How many lines below hold "none"? Answer with only the number.

▼

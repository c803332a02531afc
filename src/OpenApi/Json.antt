-- ===== src/OpenApi/Json.antt =====
-- JSON values, and which of them a schema admits, by the keywords of JSON Schema that the generator
-- writes.
use grpc_composition.Common.{
  ◌≡◌, Bool, true, false, ◌||◌, List, [], Option, none, some, Text, codes, if◌then◌else◌, text_eq,
  is_empty, lookup, Any,
}
use grpc_composition.Std.Strconv.{ℤ}
use grpc_composition.OpenApi.Schema.{
  Schema, MaybeSchema, Properties, schema, absent, present, no_properties, property,
}
use grpc_composition.OpenApi.Components.{Schemas, reference}

-- A number is an integer, or the text of another number.
mutual
  pub data Json : Type 0 where
    null : Json
    boolean : Bool → Json
    integer : ℤ → Json
    decimal : Text → Json
    string : Text → Json
    array : Items → Json
    object : Members → Json

  pub data Items : Type 0 where
    no_items : Items
    item : Json → Items → Items

  pub data Members : Type 0 where
    no_members : Members
    member : Text → Json → Members → Members

-- What holds of every item, and of every member with its key.
abbrev pub EachItem : (Json → Type 0) → Items → Type 0
EachItem P no_items = Unit
EachItem P (item j js) = P j × EachItem P js

abbrev pub EachMember : (Text → Json → Type 0) → Members → Type 0
EachMember P no_members = Unit
EachMember P (member k j ms) = P k j × EachMember P ms

-- Keyword `type`; an empty text is its absence.
abbrev pub type_allows : Text → Json → Bool
type_allows t null = is_empty t || text_eq t (codes "null")
type_allows t (boolean _) = is_empty t || text_eq t (codes "boolean")
type_allows t (integer _) = is_empty t || text_eq t (codes "integer") || text_eq t (codes "number")
type_allows t (decimal _) = is_empty t || text_eq t (codes "number")
type_allows t (string _) = is_empty t || text_eq t (codes "string")
type_allows t (array _) = is_empty t || text_eq t (codes "array")
type_allows t (object _) = is_empty t || text_eq t (codes "object")

-- Keyword `enum`, whose values are texts; an empty list is its absence.
abbrev pub EnumAllows : List Text → Json → Type 0
EnumAllows [] j = Unit
EnumAllows names (string s) = Any (λ n. n ≡ s) names
EnumAllows names _ = ⊥

abbrev pub property_of : Text → Properties → Option Schema
property_of k no_properties = none
property_of k (property n s rest) = if text_eq n k then some s else property_of k rest

abbrev pub is_array : Json → Bool
is_array (array _) = true
is_array _ = false

abbrev pub is_object : Json → Bool
is_object (object _) = true
is_object _ = false

-- A schema admits a value. Keyword `format` is an annotation.
mutual
  pub data Admits (st : Schemas) : Schema → Json → Type 0 where
    -- Keyword `$ref`, which stands alone: an entry of the components admits the value.
    by_reference :
        {j : Json} (name : Text) (t : Schema)
        → lookup name st ≡ some t
        → Admits st t j
        → Admits st (reference name) j
    by_keywords :
        {j : Json} {typ format description : Text} {names : List Text} {items : MaybeSchema}
        {properties : Properties} {additional : MaybeSchema}
        → type_allows typ j ≡ true
        → EnumAllows names j
        → AdmitsItems st items j
        → AdmitsMembers st properties additional j
        → Admits st (schema [] typ format description names items properties additional) j

  -- Keyword `items`, which only arrays heed.
  pub data AdmitsItems (st : Schemas) : MaybeSchema → Json → Type 0 where
    no_keyword : {j : Json} → AdmitsItems st absent j
    not_array : {items : MaybeSchema} {j : Json} → is_array j ≡ false → AdmitsItems st items j
    each : {s : Schema} {js : Items} → AdmitsEach st s js → AdmitsItems st (present s) (array js)

  pub data AdmitsEach (st : Schemas) : Schema → Items → Type 0 where
    end : {s : Schema} → AdmitsEach st s no_items
    next :
        {s : Schema} {j : Json} {js : Items}
        → Admits st s j
        → AdmitsEach st s js
        → AdmitsEach st s (item j js)

  -- Keywords `properties` and `additionalProperties`, which only objects heed.
  pub data AdmitsMembers (st : Schemas) : Properties → MaybeSchema → Json → Type 0 where
    not_object :
        {properties : Properties} {additional : MaybeSchema} {j : Json}
        → is_object j ≡ false
        → AdmitsMembers st properties additional j
    all_members :
        {properties : Properties} {additional : MaybeSchema} {ms : Members}
        → AdmitsAll st properties additional ms
        → AdmitsMembers st properties additional (object ms)

  pub data AdmitsAll (st : Schemas) : Properties → MaybeSchema → Members → Type 0 where
    end_of_members :
        {properties : Properties} {additional : MaybeSchema}
        → AdmitsAll st properties additional no_members
    next_member :
        {properties : Properties} {additional : MaybeSchema} {ms : Members} {k : Text} {j : Json}
        → AdmitsMember st properties additional k j
        → AdmitsAll st properties additional ms
        → AdmitsAll st properties additional (member k j ms)

  pub data AdmitsMember (st : Schemas) : Properties → MaybeSchema → Text → Json → Type 0 where
    by_property :
        {properties : Properties} {additional : MaybeSchema} {k : Text} {j : Json} (s : Schema)
        → property_of k properties ≡ some s
        → Admits st s j
        → AdmitsMember st properties additional k j
    by_additional :
        {properties : Properties} {k : Text} {j : Json} (s : Schema)
        → property_of k properties ≡ none
        → Admits st s j
        → AdmitsMember st properties (present s) k j
    unconstrained :
        {properties : Properties} {k : Text} {j : Json}
        → property_of k properties ≡ none
        → AdmitsMember st properties absent k j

▲

◆ **Problem solution**: 4